- Opening Delimiter -

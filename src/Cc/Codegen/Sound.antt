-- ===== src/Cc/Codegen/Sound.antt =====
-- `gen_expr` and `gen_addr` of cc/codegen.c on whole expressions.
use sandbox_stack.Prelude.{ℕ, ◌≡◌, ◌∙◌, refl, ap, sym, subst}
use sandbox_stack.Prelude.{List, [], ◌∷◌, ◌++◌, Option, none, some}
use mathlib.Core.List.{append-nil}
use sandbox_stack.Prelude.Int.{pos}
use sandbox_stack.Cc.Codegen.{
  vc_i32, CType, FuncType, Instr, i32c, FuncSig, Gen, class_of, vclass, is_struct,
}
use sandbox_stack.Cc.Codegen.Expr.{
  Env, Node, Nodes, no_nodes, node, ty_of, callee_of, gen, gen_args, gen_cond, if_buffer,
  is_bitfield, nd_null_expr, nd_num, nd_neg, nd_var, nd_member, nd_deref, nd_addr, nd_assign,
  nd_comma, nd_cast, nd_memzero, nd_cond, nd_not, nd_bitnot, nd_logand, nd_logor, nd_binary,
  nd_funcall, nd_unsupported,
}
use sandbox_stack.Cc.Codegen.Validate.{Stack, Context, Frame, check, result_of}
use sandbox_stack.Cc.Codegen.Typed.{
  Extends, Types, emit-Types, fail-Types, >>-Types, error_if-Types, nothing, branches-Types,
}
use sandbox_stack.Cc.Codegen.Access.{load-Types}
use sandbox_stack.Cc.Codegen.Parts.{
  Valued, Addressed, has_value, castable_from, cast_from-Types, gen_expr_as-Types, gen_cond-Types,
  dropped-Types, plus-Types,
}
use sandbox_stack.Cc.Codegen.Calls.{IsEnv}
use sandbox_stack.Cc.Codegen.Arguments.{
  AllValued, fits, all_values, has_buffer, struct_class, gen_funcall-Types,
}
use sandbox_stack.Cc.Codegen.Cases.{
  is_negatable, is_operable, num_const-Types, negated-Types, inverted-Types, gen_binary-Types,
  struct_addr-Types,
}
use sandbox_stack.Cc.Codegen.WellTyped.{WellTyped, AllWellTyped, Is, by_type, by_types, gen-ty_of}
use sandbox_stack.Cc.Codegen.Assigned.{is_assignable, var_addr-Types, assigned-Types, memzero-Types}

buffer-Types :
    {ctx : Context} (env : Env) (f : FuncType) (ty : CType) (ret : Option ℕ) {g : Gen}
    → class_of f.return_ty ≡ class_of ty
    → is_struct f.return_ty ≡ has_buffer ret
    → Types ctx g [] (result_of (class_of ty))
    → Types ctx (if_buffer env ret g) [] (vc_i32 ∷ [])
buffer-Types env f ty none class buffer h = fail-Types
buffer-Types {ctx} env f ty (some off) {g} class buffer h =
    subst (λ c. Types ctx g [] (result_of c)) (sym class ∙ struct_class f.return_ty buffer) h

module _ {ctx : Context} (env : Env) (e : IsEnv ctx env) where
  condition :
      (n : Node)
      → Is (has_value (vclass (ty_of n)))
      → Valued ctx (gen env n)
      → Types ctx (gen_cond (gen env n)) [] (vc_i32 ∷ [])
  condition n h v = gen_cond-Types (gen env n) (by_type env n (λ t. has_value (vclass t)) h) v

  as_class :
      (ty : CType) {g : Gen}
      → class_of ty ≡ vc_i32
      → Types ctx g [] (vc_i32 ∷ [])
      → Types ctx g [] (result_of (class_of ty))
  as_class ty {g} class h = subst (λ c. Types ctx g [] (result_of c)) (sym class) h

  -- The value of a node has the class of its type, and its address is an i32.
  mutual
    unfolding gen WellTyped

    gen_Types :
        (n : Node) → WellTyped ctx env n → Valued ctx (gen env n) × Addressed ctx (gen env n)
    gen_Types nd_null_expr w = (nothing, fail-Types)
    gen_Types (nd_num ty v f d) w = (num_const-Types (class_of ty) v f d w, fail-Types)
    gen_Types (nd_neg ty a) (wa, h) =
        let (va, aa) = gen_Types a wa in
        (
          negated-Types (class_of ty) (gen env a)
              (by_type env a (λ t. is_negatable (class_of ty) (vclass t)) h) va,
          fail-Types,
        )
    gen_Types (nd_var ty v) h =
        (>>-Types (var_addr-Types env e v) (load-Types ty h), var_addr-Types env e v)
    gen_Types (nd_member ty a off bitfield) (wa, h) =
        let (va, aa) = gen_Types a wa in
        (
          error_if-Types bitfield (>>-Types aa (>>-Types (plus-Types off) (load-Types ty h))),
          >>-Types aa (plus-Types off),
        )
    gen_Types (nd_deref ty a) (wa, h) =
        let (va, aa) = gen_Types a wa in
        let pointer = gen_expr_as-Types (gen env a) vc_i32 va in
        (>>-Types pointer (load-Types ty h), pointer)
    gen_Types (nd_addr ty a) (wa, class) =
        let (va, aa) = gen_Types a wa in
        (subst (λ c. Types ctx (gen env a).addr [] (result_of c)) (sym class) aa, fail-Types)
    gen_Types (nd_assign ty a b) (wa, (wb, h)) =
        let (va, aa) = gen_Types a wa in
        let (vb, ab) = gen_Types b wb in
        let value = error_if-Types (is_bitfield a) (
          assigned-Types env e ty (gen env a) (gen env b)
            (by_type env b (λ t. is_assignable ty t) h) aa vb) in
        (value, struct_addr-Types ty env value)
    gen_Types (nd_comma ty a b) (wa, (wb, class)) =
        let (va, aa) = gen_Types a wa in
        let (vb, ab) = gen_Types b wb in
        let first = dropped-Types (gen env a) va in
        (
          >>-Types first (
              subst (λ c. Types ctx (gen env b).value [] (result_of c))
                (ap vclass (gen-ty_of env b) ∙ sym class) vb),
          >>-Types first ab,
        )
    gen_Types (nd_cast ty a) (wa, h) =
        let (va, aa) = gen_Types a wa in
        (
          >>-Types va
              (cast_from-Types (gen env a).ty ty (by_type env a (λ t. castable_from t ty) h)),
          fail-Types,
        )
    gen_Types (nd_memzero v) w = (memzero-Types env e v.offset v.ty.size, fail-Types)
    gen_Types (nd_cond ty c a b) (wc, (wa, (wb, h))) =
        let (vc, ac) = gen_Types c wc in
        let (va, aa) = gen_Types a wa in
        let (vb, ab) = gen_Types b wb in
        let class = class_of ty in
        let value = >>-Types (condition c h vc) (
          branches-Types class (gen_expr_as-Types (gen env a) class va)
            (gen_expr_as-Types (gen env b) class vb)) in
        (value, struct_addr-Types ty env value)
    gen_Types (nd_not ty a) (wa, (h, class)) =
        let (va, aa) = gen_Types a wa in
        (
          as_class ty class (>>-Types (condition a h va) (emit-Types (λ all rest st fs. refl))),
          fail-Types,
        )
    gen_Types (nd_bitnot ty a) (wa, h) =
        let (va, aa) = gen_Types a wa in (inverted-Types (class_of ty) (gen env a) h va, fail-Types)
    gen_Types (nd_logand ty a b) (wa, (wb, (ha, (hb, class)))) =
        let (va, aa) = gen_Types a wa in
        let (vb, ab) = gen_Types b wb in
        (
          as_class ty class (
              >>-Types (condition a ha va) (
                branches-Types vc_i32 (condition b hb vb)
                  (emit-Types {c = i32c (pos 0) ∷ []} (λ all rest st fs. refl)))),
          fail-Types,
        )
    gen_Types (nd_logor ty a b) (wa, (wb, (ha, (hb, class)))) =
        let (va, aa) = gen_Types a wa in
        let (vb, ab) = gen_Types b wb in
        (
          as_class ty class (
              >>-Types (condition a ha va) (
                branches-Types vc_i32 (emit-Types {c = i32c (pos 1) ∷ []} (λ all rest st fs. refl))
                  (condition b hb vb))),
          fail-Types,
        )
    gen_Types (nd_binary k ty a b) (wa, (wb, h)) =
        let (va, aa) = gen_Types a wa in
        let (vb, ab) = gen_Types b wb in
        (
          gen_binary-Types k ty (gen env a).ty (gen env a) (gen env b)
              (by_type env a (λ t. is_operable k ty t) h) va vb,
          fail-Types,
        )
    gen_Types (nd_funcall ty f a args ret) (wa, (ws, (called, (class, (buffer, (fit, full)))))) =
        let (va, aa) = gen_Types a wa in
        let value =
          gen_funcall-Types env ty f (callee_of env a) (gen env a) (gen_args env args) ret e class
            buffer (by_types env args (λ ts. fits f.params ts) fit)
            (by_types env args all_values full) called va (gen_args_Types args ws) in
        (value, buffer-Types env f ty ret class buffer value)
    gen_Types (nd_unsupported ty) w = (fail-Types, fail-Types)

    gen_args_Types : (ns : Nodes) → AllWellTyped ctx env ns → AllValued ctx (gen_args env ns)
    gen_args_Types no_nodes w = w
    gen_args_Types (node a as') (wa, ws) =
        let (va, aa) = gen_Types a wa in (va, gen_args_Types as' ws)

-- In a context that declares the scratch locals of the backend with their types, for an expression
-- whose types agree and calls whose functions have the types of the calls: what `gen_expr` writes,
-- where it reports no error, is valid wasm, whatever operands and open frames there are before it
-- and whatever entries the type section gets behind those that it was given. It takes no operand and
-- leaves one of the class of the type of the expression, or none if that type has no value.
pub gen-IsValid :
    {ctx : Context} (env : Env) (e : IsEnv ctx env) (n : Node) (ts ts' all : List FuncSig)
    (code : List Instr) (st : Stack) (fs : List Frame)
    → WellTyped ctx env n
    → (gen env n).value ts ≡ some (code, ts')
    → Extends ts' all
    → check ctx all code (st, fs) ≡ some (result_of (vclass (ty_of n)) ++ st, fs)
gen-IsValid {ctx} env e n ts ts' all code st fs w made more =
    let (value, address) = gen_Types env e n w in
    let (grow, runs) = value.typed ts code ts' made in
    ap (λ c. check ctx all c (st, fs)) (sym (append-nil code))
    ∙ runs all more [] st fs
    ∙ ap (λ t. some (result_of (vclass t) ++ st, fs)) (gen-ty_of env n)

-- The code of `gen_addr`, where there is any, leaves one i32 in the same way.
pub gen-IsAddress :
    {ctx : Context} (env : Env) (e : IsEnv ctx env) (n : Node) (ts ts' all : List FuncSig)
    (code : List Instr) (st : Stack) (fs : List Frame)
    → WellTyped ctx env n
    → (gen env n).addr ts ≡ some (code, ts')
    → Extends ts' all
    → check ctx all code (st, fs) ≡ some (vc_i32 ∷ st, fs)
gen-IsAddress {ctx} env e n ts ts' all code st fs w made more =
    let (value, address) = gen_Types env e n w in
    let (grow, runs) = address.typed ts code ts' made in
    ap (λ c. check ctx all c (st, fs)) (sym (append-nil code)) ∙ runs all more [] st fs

- Closing Delimiter -

WHAT THIS TASK INVOLVES: Reply with nothing except the number of lines in the listing above that include "IsValid".

RESPONSE AREA: 2